## What you are asked to do
Transcribe exactly the lines that fall between the one holding "-- Every step" and the one holding "step-IsDead s (lost c) d = ground arith", inclusive, from the entries below.

Dataset entries
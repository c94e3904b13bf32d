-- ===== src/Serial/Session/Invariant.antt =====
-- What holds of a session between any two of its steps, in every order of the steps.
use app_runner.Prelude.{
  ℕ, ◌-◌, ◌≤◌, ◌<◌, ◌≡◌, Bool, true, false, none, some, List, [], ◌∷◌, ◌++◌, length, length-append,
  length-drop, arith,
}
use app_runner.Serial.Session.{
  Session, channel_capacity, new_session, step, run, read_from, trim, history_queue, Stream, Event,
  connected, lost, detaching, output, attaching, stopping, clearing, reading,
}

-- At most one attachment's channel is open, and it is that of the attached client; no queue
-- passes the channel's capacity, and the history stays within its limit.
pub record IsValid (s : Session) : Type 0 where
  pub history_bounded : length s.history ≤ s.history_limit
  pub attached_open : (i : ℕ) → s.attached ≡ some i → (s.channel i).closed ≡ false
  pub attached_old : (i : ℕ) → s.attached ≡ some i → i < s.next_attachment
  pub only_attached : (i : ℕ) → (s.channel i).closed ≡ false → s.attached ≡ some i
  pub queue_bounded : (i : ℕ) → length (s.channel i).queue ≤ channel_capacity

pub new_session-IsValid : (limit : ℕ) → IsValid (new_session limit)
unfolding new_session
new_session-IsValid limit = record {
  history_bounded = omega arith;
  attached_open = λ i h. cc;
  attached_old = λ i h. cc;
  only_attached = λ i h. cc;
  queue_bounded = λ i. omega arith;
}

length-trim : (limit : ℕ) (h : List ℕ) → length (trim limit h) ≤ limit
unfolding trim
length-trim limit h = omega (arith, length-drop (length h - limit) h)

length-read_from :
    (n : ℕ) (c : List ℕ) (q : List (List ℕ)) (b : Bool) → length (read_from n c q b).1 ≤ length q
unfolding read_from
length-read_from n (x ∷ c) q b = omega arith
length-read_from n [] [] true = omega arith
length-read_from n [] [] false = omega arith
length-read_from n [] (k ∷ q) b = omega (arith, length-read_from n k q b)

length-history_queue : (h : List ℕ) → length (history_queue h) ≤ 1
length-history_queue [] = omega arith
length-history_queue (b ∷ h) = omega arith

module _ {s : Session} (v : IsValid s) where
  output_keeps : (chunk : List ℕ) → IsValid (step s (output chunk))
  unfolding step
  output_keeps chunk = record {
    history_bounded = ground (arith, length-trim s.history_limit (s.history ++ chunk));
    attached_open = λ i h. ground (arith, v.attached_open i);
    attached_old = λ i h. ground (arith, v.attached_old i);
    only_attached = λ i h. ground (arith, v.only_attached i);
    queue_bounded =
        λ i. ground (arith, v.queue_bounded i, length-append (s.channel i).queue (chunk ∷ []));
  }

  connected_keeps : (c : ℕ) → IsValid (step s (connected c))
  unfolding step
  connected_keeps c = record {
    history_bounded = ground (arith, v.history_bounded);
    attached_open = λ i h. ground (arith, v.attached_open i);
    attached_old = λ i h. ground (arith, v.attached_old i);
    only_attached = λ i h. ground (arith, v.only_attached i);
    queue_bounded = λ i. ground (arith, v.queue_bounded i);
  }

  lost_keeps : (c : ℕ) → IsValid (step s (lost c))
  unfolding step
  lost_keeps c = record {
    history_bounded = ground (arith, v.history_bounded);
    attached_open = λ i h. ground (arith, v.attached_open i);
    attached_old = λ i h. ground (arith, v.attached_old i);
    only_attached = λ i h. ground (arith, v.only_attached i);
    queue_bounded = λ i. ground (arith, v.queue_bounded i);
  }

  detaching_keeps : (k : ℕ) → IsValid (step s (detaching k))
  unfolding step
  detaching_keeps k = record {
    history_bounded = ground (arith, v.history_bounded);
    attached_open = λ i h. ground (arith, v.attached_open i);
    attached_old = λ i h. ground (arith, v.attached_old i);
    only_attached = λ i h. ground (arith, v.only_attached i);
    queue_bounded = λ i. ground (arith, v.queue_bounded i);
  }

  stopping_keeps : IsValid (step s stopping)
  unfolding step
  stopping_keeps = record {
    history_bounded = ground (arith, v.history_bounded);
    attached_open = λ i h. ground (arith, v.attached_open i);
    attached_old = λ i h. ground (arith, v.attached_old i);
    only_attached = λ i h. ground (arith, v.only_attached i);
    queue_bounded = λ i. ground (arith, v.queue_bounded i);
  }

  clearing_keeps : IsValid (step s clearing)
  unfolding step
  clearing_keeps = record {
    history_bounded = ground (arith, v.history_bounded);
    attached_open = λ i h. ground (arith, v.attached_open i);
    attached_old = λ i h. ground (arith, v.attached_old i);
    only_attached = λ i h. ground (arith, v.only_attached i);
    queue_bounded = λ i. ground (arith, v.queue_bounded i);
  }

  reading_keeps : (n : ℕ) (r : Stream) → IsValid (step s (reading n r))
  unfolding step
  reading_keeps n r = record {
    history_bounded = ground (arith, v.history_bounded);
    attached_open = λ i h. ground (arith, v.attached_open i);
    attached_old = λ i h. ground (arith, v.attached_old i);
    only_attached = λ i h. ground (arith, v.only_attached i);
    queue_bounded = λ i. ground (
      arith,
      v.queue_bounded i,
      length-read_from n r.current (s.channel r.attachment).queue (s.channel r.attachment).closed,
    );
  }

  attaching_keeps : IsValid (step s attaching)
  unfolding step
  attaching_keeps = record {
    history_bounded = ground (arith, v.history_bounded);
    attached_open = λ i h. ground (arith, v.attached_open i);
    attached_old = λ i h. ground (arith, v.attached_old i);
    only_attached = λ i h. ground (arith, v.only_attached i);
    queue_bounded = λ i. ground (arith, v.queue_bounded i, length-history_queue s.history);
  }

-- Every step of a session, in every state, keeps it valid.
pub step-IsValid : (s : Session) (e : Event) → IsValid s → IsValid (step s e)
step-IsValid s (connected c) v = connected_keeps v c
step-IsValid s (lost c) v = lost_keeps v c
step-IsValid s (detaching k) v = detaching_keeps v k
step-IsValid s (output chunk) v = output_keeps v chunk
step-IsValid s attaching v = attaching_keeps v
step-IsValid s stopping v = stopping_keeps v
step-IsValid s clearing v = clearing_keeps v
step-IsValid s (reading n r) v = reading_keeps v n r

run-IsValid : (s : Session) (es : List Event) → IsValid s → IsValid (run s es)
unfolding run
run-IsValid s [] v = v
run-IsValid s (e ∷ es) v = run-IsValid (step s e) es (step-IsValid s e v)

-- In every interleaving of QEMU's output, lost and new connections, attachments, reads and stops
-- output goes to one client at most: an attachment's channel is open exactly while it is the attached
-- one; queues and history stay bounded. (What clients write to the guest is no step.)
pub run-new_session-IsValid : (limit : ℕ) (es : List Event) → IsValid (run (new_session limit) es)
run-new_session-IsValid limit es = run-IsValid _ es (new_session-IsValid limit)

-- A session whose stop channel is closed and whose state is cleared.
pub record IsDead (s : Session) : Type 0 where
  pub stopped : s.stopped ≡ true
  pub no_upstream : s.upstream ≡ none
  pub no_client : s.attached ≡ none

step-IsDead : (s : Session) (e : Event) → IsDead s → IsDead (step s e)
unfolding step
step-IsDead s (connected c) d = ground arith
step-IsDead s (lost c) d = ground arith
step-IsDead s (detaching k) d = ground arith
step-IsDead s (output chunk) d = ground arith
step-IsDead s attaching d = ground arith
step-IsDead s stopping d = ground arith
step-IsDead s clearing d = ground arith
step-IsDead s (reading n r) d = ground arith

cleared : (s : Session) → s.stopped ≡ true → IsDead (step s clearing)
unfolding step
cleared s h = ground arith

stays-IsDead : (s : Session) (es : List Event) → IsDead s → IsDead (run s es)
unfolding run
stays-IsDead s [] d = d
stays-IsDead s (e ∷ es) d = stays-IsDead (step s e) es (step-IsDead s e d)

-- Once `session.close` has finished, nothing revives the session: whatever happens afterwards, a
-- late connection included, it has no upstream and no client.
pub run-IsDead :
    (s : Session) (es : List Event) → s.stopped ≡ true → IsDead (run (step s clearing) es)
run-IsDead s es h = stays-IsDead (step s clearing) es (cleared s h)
...
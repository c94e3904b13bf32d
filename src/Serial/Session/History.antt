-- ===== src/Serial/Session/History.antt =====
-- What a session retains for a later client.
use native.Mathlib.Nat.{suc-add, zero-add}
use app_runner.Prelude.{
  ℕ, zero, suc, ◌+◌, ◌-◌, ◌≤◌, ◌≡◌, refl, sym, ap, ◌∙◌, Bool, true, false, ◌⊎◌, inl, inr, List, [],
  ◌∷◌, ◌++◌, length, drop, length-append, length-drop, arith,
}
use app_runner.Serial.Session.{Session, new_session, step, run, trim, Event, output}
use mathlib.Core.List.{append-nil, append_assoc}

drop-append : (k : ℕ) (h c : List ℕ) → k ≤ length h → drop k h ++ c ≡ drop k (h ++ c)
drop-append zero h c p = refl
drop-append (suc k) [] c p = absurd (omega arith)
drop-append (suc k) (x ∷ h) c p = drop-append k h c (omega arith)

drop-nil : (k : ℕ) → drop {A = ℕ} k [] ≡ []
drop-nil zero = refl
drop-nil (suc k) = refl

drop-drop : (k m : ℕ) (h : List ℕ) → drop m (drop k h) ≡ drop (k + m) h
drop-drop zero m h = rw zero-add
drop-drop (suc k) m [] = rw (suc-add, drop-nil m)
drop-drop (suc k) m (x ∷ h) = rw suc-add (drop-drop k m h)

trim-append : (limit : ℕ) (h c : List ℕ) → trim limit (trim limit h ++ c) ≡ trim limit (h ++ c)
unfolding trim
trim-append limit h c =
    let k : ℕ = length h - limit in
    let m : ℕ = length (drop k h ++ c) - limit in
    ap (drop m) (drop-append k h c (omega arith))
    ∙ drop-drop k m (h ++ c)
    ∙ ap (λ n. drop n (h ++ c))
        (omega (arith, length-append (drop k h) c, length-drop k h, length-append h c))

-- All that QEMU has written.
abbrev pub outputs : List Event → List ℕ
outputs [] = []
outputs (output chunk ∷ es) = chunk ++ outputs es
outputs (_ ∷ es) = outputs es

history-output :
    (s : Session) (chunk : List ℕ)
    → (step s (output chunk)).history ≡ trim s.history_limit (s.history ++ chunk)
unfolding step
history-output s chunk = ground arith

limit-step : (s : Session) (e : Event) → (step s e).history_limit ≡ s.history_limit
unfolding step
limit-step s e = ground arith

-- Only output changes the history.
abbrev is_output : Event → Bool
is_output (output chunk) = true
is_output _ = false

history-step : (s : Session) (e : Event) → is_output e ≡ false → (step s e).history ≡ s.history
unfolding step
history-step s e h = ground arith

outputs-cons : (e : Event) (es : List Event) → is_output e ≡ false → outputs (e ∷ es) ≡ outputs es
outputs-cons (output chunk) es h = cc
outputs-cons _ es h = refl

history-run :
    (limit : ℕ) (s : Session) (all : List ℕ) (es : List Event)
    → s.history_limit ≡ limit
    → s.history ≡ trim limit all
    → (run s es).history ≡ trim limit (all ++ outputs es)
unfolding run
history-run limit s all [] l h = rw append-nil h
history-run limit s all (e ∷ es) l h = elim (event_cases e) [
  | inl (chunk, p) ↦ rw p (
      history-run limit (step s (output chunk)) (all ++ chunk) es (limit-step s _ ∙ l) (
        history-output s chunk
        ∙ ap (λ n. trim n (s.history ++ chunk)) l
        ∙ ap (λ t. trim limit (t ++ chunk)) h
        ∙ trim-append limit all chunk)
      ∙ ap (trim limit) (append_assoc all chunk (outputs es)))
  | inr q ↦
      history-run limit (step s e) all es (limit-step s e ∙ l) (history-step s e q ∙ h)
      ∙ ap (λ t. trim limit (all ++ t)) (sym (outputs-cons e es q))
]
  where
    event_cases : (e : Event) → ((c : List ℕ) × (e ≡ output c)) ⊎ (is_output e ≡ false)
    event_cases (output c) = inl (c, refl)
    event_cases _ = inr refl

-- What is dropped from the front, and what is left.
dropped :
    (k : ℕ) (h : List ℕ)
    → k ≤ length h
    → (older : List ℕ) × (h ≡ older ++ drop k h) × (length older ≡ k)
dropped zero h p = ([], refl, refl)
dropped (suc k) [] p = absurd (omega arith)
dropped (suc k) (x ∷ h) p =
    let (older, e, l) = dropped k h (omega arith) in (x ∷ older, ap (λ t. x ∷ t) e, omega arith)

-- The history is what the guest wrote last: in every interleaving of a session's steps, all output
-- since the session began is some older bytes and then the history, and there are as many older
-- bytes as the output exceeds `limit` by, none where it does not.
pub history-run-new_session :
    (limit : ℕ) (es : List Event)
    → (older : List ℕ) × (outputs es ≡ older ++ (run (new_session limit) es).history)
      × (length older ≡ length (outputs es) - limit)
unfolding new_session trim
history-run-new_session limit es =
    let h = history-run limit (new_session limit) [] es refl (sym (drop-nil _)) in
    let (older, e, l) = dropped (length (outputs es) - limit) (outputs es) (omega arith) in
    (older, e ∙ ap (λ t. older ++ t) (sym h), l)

## Answer to this problem
-- Every step of a session, in every state, keeps it valid.
pub step-IsValid : (s : Session) (e : Event) → IsValid s → IsValid (step s e)
step-IsValid s (connected c) v = connected_keeps v c
step-IsValid s (lost c) v = lost_keeps v c
step-IsValid s (detaching k) v = detaching_keeps v k
step-IsValid s (output chunk) v = output_keeps v chunk
step-IsValid s attaching v = attaching_keeps v
step-IsValid s stopping v = stopping_keeps v
step-IsValid s clearing v = clearing_keeps v
step-IsValid s (reading n r) v = reading_keeps v n r

run-IsValid : (s : Session) (es : List Event) → IsValid s → IsValid (run s es)
unfolding run
run-IsValid s [] v = v
run-IsValid s (e ∷ es) v = run-IsValid (step s e) es (step-IsValid s e v)

-- In every interleaving of QEMU's output, lost and new connections, attachments, reads and stops
-- output goes to one client at most: an attachment's channel is open exactly while it is the attached
-- one; queues and history stay bounded. (What clients write to the guest is no step.)
pub run-new_session-IsValid : (limit : ℕ) (es : List Event) → IsValid (run (new_session limit) es)
run-new_session-IsValid limit es = run-IsValid _ es (new_session-IsValid limit)

-- A session whose stop channel is closed and whose state is cleared.
pub record IsDead (s : Session) : Type 0 where
  pub stopped : s.stopped ≡ true
  pub no_upstream : s.upstream ≡ none
  pub no_client : s.attached ≡ none

step-IsDead : (s : Session) (e : Event) → IsDead s → IsDead (step s e)
unfolding step
step-IsDead s (connected c) d = ground arith
step-IsDead s (lost c) d = ground arith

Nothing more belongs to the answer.